PROBLEM
Repeat precisely the span of lines below that opens with the line containing "reopened_calls = refl" and closes with the line containing "send_ongoing = false;", both included.

(Dataset entries)
▶
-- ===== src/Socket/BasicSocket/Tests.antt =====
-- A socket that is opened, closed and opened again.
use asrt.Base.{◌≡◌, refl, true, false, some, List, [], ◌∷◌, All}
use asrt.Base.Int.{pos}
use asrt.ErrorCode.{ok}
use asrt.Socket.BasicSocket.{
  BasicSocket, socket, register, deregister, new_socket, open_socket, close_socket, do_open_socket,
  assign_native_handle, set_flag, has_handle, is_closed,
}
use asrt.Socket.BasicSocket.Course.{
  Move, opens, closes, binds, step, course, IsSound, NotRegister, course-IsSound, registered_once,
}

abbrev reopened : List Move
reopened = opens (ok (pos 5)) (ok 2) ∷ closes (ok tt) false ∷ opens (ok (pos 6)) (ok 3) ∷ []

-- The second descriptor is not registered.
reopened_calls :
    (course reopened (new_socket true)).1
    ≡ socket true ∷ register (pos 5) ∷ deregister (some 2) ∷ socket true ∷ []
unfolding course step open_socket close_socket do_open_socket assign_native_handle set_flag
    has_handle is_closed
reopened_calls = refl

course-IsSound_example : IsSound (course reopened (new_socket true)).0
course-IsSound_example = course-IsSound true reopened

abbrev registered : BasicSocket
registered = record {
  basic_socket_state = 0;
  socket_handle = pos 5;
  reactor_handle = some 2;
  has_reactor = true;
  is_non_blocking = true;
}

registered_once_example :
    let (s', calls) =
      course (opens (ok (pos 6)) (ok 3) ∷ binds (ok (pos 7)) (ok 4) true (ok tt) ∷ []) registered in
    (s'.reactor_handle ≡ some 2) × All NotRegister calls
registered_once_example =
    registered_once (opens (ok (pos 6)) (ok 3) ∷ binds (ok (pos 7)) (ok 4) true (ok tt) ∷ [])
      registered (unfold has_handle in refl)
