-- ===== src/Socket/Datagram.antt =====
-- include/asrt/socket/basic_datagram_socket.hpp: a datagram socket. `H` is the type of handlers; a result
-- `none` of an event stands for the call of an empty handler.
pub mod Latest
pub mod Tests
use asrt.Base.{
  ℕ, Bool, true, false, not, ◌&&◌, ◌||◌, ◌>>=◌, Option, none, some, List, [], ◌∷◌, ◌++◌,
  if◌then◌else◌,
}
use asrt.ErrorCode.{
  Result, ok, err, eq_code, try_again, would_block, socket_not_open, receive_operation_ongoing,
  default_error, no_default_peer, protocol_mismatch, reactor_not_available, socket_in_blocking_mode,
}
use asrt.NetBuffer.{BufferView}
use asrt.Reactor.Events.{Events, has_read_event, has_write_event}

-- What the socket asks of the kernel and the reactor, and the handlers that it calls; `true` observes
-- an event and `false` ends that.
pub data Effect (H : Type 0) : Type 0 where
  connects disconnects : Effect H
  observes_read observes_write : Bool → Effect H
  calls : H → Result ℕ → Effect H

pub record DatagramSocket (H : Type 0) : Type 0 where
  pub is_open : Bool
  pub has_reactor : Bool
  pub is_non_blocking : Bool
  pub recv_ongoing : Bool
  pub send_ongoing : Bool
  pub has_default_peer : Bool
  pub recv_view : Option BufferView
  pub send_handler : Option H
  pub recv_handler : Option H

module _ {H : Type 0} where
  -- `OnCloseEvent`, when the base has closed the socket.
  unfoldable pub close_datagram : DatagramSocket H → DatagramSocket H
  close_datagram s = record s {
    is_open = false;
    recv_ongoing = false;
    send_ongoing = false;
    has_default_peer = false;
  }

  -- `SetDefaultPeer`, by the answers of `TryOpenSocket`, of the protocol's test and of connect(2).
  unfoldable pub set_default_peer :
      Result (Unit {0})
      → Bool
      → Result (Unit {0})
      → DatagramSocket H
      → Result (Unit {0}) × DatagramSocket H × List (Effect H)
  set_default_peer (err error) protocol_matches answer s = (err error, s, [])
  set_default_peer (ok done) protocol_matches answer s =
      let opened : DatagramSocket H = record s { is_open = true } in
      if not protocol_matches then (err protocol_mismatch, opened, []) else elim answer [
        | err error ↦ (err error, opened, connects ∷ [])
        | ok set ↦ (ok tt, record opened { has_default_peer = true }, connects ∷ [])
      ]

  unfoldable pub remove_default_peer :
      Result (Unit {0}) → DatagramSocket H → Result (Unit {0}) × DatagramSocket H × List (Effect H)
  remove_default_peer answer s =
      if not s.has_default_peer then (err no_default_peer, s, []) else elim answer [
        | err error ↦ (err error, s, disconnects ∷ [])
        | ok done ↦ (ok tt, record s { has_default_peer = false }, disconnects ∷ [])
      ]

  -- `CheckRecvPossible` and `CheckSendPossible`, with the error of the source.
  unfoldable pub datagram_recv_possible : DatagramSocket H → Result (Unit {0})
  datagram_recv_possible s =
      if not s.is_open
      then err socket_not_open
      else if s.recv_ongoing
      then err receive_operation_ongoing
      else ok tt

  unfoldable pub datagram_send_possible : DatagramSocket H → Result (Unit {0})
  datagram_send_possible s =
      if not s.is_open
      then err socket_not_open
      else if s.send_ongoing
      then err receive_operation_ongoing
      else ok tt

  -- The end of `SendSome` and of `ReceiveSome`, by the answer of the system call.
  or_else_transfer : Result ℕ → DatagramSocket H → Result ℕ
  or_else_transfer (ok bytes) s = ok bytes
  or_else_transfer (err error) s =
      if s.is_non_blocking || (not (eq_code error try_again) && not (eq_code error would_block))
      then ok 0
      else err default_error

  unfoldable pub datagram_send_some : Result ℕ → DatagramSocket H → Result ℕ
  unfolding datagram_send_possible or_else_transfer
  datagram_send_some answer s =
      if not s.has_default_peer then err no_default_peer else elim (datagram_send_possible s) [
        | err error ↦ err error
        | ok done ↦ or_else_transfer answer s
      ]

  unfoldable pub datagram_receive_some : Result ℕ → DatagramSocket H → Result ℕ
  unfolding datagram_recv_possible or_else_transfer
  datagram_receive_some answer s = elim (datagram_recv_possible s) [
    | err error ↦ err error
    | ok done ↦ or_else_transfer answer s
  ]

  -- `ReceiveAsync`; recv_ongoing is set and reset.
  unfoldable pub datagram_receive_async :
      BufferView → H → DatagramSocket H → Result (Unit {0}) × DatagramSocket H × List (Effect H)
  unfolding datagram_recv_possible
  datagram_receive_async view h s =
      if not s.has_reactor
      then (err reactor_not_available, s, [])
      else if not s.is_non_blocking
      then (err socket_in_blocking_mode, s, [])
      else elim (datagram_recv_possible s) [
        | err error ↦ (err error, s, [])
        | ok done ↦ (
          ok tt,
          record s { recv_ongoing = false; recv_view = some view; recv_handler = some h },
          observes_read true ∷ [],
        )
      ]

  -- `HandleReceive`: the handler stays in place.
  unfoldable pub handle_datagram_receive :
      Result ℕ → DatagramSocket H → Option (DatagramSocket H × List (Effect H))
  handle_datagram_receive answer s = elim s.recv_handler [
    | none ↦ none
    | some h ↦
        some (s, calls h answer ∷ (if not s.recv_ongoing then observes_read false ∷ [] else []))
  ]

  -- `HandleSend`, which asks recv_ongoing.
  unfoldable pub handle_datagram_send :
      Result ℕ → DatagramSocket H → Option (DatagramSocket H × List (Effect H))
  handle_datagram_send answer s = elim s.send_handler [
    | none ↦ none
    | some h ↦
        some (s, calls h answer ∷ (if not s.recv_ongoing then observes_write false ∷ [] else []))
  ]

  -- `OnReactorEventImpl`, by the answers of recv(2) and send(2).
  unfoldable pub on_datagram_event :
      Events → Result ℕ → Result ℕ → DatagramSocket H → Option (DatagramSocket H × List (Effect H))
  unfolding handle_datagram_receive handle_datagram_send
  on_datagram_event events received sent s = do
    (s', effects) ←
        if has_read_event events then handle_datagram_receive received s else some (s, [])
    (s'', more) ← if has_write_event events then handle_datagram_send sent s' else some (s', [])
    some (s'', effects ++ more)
◀
OUTPUT FOR THIS EXERCISE
reopened_calls = refl

course-IsSound_example : IsSound (course reopened (new_socket true)).0
course-IsSound_example = course-IsSound true reopened

abbrev registered : BasicSocket
registered = record {
  basic_socket_state = 0;
  socket_handle = pos 5;
  reactor_handle = some 2;
  has_reactor = true;
  is_non_blocking = true;
}

registered_once_example :
    let (s', calls) =
      course (opens (ok (pos 6)) (ok 3) ∷ binds (ok (pos 7)) (ok 4) true (ok tt) ∷ []) registered in
    (s'.reactor_handle ≡ some 2) × All NotRegister calls
registered_once_example =
    registered_once (opens (ok (pos 6)) (ok 3) ∷ binds (ok (pos 7)) (ok 4) true (ok tt) ∷ [])
      registered (unfold has_handle in refl)
-- ===== src/Socket/Datagram.antt =====
-- include/asrt/socket/basic_datagram_socket.hpp: a datagram socket. `H` is the type of handlers; a result
-- `none` of an event stands for the call of an empty handler.
pub mod Latest
pub mod Tests
use asrt.Base.{
  ℕ, Bool, true, false, not, ◌&&◌, ◌||◌, ◌>>=◌, Option, none, some, List, [], ◌∷◌, ◌++◌,
  if◌then◌else◌,
}
use asrt.ErrorCode.{
  Result, ok, err, eq_code, try_again, would_block, socket_not_open, receive_operation_ongoing,
  default_error, no_default_peer, protocol_mismatch, reactor_not_available, socket_in_blocking_mode,
}
use asrt.NetBuffer.{BufferView}
use asrt.Reactor.Events.{Events, has_read_event, has_write_event}

-- What the socket asks of the kernel and the reactor, and the handlers that it calls; `true` observes
-- an event and `false` ends that.
pub data Effect (H : Type 0) : Type 0 where
  connects disconnects : Effect H
  observes_read observes_write : Bool → Effect H
  calls : H → Result ℕ → Effect H

pub record DatagramSocket (H : Type 0) : Type 0 where
  pub is_open : Bool
  pub has_reactor : Bool
  pub is_non_blocking : Bool
  pub recv_ongoing : Bool
  pub send_ongoing : Bool
  pub has_default_peer : Bool
  pub recv_view : Option BufferView
  pub send_handler : Option H
  pub recv_handler : Option H

module _ {H : Type 0} where
  -- `OnCloseEvent`, when the base has closed the socket.
  unfoldable pub close_datagram : DatagramSocket H → DatagramSocket H
  close_datagram s = record s {
    is_open = false;
    recv_ongoing = false;
    send_ongoing = false;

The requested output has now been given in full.